### WHAT THE EXERCISE ASKS:
Reproduce, exactly and in full, only the lines below from the one containing "pub record TxIn : Type 0 where" through the one containing "pub output : List TxOut".

EXERCISE INPUT below:

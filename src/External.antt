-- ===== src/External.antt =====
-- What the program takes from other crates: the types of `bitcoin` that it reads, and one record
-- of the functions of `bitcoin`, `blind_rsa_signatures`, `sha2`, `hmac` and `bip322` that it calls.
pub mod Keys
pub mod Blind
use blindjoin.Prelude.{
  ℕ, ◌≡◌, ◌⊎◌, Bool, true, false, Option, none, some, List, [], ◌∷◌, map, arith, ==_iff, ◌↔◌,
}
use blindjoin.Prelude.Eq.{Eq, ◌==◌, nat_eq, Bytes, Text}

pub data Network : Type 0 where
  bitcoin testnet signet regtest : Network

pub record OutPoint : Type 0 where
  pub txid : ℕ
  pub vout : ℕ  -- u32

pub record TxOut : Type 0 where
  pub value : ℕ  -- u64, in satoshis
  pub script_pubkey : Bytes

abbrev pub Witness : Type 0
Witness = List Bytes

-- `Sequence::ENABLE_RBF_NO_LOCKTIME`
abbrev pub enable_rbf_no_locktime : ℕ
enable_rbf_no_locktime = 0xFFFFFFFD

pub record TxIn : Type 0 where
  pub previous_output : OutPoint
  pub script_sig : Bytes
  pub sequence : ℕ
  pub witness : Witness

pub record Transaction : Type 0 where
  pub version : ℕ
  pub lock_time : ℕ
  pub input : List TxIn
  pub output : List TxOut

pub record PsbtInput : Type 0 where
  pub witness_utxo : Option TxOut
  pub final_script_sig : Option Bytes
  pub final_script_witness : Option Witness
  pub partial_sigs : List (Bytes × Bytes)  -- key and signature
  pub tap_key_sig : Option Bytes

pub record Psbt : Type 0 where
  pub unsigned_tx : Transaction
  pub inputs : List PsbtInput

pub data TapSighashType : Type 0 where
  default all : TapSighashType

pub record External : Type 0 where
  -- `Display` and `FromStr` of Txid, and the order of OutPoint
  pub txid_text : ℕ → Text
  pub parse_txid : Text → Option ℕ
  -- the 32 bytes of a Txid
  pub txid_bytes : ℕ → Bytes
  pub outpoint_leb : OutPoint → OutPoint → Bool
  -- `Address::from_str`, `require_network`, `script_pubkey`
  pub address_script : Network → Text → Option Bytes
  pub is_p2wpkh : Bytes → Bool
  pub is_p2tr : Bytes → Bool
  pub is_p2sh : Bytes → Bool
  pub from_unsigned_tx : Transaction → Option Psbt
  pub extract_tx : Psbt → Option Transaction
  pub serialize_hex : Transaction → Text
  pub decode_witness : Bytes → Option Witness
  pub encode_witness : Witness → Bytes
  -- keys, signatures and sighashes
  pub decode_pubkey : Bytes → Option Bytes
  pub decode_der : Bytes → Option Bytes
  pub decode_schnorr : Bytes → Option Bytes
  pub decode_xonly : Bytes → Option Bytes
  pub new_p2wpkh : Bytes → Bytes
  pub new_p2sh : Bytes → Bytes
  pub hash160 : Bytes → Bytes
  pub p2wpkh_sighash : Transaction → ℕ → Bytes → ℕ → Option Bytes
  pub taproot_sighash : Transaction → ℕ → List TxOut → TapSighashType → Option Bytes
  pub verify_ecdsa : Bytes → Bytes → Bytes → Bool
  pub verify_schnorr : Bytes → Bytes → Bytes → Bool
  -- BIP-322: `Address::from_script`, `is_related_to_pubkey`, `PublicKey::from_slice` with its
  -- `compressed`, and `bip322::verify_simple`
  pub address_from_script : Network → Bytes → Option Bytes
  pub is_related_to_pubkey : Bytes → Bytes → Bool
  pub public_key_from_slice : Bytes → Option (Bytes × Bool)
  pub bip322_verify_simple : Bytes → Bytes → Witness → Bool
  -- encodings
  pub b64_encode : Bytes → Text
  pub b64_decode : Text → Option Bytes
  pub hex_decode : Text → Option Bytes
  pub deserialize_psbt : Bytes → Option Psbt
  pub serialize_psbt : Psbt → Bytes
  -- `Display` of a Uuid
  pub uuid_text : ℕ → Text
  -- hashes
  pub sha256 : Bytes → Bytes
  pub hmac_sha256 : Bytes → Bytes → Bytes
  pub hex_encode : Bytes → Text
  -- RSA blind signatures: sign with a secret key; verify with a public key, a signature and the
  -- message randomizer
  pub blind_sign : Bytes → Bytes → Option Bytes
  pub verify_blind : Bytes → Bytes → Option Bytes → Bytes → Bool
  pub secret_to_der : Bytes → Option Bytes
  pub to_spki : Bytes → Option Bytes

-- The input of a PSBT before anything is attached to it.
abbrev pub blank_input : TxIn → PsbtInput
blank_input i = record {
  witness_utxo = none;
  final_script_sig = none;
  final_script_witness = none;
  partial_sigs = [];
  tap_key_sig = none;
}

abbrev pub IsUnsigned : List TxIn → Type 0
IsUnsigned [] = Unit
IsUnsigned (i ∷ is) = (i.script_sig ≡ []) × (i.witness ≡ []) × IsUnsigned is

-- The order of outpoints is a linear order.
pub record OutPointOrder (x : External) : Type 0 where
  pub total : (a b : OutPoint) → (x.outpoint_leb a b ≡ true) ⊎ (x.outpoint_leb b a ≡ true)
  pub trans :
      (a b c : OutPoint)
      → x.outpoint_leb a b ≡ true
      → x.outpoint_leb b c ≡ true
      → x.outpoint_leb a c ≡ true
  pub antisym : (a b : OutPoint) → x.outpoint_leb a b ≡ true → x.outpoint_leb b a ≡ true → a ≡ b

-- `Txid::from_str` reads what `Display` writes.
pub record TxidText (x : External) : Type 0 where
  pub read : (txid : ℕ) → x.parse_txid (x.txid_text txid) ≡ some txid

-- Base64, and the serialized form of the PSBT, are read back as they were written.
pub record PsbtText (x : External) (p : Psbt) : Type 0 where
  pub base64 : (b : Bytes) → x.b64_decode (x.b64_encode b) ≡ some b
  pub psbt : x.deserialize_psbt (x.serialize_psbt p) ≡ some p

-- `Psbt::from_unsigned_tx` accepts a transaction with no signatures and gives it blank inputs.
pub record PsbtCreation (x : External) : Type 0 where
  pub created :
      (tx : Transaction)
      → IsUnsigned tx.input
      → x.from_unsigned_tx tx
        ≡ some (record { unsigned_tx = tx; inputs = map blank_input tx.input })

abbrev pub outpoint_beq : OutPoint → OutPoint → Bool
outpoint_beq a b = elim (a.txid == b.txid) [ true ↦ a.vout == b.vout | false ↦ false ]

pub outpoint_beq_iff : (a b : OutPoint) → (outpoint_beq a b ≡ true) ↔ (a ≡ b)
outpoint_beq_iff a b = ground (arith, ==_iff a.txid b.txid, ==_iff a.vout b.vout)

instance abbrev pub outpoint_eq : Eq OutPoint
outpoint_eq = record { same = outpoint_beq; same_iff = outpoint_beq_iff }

End of EXERCISE INPUT.

### WORKED SOLUTION:
pub record TxIn : Type 0 where
  pub previous_output : OutPoint
  pub script_sig : Bytes
  pub sequence : ℕ
  pub witness : Witness

pub record Transaction : Type 0 where
  pub version : ℕ
  pub lock_time : ℕ
  pub input : List TxIn
  pub output : List TxOut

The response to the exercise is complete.